=== Required work ===
Somewhere below are a line with "security_posture_hash = security_posture_hash;" and a later line with "abbrev pub get_or". Output exactly those lines and all lines between them.
Given records below:
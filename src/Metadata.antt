-- ===== src/Metadata.antt =====
-- packages/workspace-state: the instance's security metadata in `PostgresWorkspaceRepository`
-- (repository.ts), the start-up check of security-posture.ts, and the maintenance guard of
-- apps/control/src/security/maintenance-guard.ts. The modules below prove.
pub mod Effects
use remote_agent_devbox.Common.{
  ℕ, String, ◌<>◌, Bool, true, false, not, ◌&&◌, Option, none, some, ltb, leb, ◌==◌, string_eq,
  nat_eq, if◌then◌else◌, Error, rad, other, Exec, pure, raise, gets, modify, required, assert,
  ◌>>=◌, ◌>>◌,
}
use remote_agent_devbox.Names.{decimal}
use remote_agent_devbox.Schema.Workspace.{Date}
use remote_agent_devbox.Schema.Security.{InstanceSecurityMetadata}
use remote_agent_devbox.Schema.Database.{Database}

-- A Boolean check constraint of `instance_metadata`: the tier, the epoch and the maintenance fields.
abbrev is_some {ℓ} : {A : Type ℓ} → Option A → Bool
is_some none = false
is_some (some a) = true

unfoldable pub instance_metadata_accepts : InstanceSecurityMetadata → Bool
instance_metadata_accepts m =
    leb 1 m.deployment_tier
    && leb m.deployment_tier 3
    && ltb 0 m.security_epoch
    && (if m.maintenance_mode
        then is_some m.maintenance_reason && is_some m.maintenance_started_at
        else not (is_some m.maintenance_reason) && not (is_some m.maintenance_started_at))

-- assertStartupSecurityMetadata
unfoldable pub assert_startup_security_metadata :
    InstanceSecurityMetadata → ℕ → String → Exec Database InstanceSecurityMetadata
assert_startup_security_metadata stored deployment_tier security_posture_hash = do
  assert (not (ltb deployment_tier stored.deployment_tier)) (
      rad "SECURITY_TIER_DOWNGRADE_BLOCKED" (
        "Configured tier "
        <> decimal deployment_tier
        <> " is below stored tier "
        <> decimal stored.deployment_tier
        <> "; an explicit security migration is required"))
  assert (not (ltb stored.deployment_tier deployment_tier)) (
      rad "SECURITY_TIER_UPGRADE_REQUIRED" (
        "Configured tier "
        <> decimal deployment_tier
        <> " is above stored tier "
        <> decimal stored.deployment_tier
        <> "; validate controls and run an explicit security migration"))
  assert (security_posture_hash == stored.security_posture_hash) (
      rad "SECURITY_POSTURE_MIGRATION_REQUIRED"
        "Security-sensitive configuration changed; an explicit security migration is required")
  pure stored

-- The row of `values({ singletonKey: "instance", securityEpoch: 1, ...input })`.
unfoldable pub new_row : ℕ → String → Date → InstanceSecurityMetadata
new_row deployment_tier security_posture_hash now = record {
  deployment_tier = deployment_tier;
  security_epoch = 1;
  security_posture_hash = security_posture_hash;
  maintenance_mode = false;
  maintenance_reason = none;
  maintenance_started_at = none;
  updated_at = now;
}

-- INSERT … ON CONFLICT DO NOTHING, which checks the row that is offered: a row that is there stays.
abbrev pub get_or :
    InstanceSecurityMetadata → Option InstanceSecurityMetadata → InstanceSecurityMetadata
get_or offered none = offered
get_or offered (some m) = m

-- `now` is the database's clock.
unfoldable pub synchronize_security_metadata :
    ℕ → String → Date → Exec Database InstanceSecurityMetadata
unfolding assert_startup_security_metadata instance_metadata_accepts new_row
synchronize_security_metadata deployment_tier security_posture_hash now = do
  assert (instance_metadata_accepts (new_row deployment_tier security_posture_hash now))
      (other "instance_metadata constraint violated")
  stored ← gets (λ db. get_or (new_row deployment_tier security_posture_hash now) db.metadata)
  modify (λ db. record db { metadata = some stored })
  assert_startup_security_metadata stored deployment_tier security_posture_hash

abbrev pub entered : String → Date → InstanceSecurityMetadata → InstanceSecurityMetadata
entered reason started_at m = record m {
  maintenance_mode = true;
  maintenance_reason = some reason;
  maintenance_started_at = some started_at;
  updated_at = started_at;
}

abbrev pub exited : Date → InstanceSecurityMetadata → InstanceSecurityMetadata
exited completed_at m = record m {
  maintenance_mode = false;
  maintenance_reason = none;
  maintenance_started_at = none;
  updated_at = completed_at;
}

-- The row that is found after the update: maintenance that is already on is returned as it is.
unfoldable pub enter_maintenance_mode : String → Date → Exec Database InstanceSecurityMetadata
enter_maintenance_mode reason started_at = do
  current ← gets (λ db. db.metadata)
  m ← required current (rad "MAINTENANCE_MODE_ENTER_FAILED" "Security metadata is missing")
  let after = if m.maintenance_mode then m else entered reason started_at m
  modify (λ db. record db { metadata = some after })
  pure after

unfoldable pub exit_maintenance_mode : ℕ → Date → Exec Database InstanceSecurityMetadata
exit_maintenance_mode expected_epoch completed_at = do
  current ← gets (λ db. db.metadata)
  m ← required current conflict
  assert (m.maintenance_mode && m.security_epoch == expected_epoch) conflict
  modify (λ db. record db { metadata = some (exited completed_at m) })
  pure (exited completed_at m)
  where
    conflict : Error
    conflict =
        rad "MAINTENANCE_MODE_EXIT_CONFLICT"
          "Maintenance mode or security epoch changed before exit"

-- MaintenanceModeGuard.assertAvailable
unfoldable pub assert_available : String → Exec Database InstanceSecurityMetadata
assert_available operation = do
  current ← gets (λ db. db.metadata)
  m ← required current (rad "SECURITY_CONTEXT_MISSING" "Instance security metadata is missing")
  assert (not m.maintenance_mode) (
      rad "MAINTENANCE_MODE_ACTIVE"
        (operation <> " is unavailable while security maintenance is active"))
  pure m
End of Given records.
=== Reply to the task ===
  security_posture_hash = security_posture_hash;
  maintenance_mode = false;
  maintenance_reason = none;
  maintenance_started_at = none;
  updated_at = now;
}

-- INSERT … ON CONFLICT DO NOTHING, which checks the row that is offered: a row that is there stays.
abbrev pub get_or :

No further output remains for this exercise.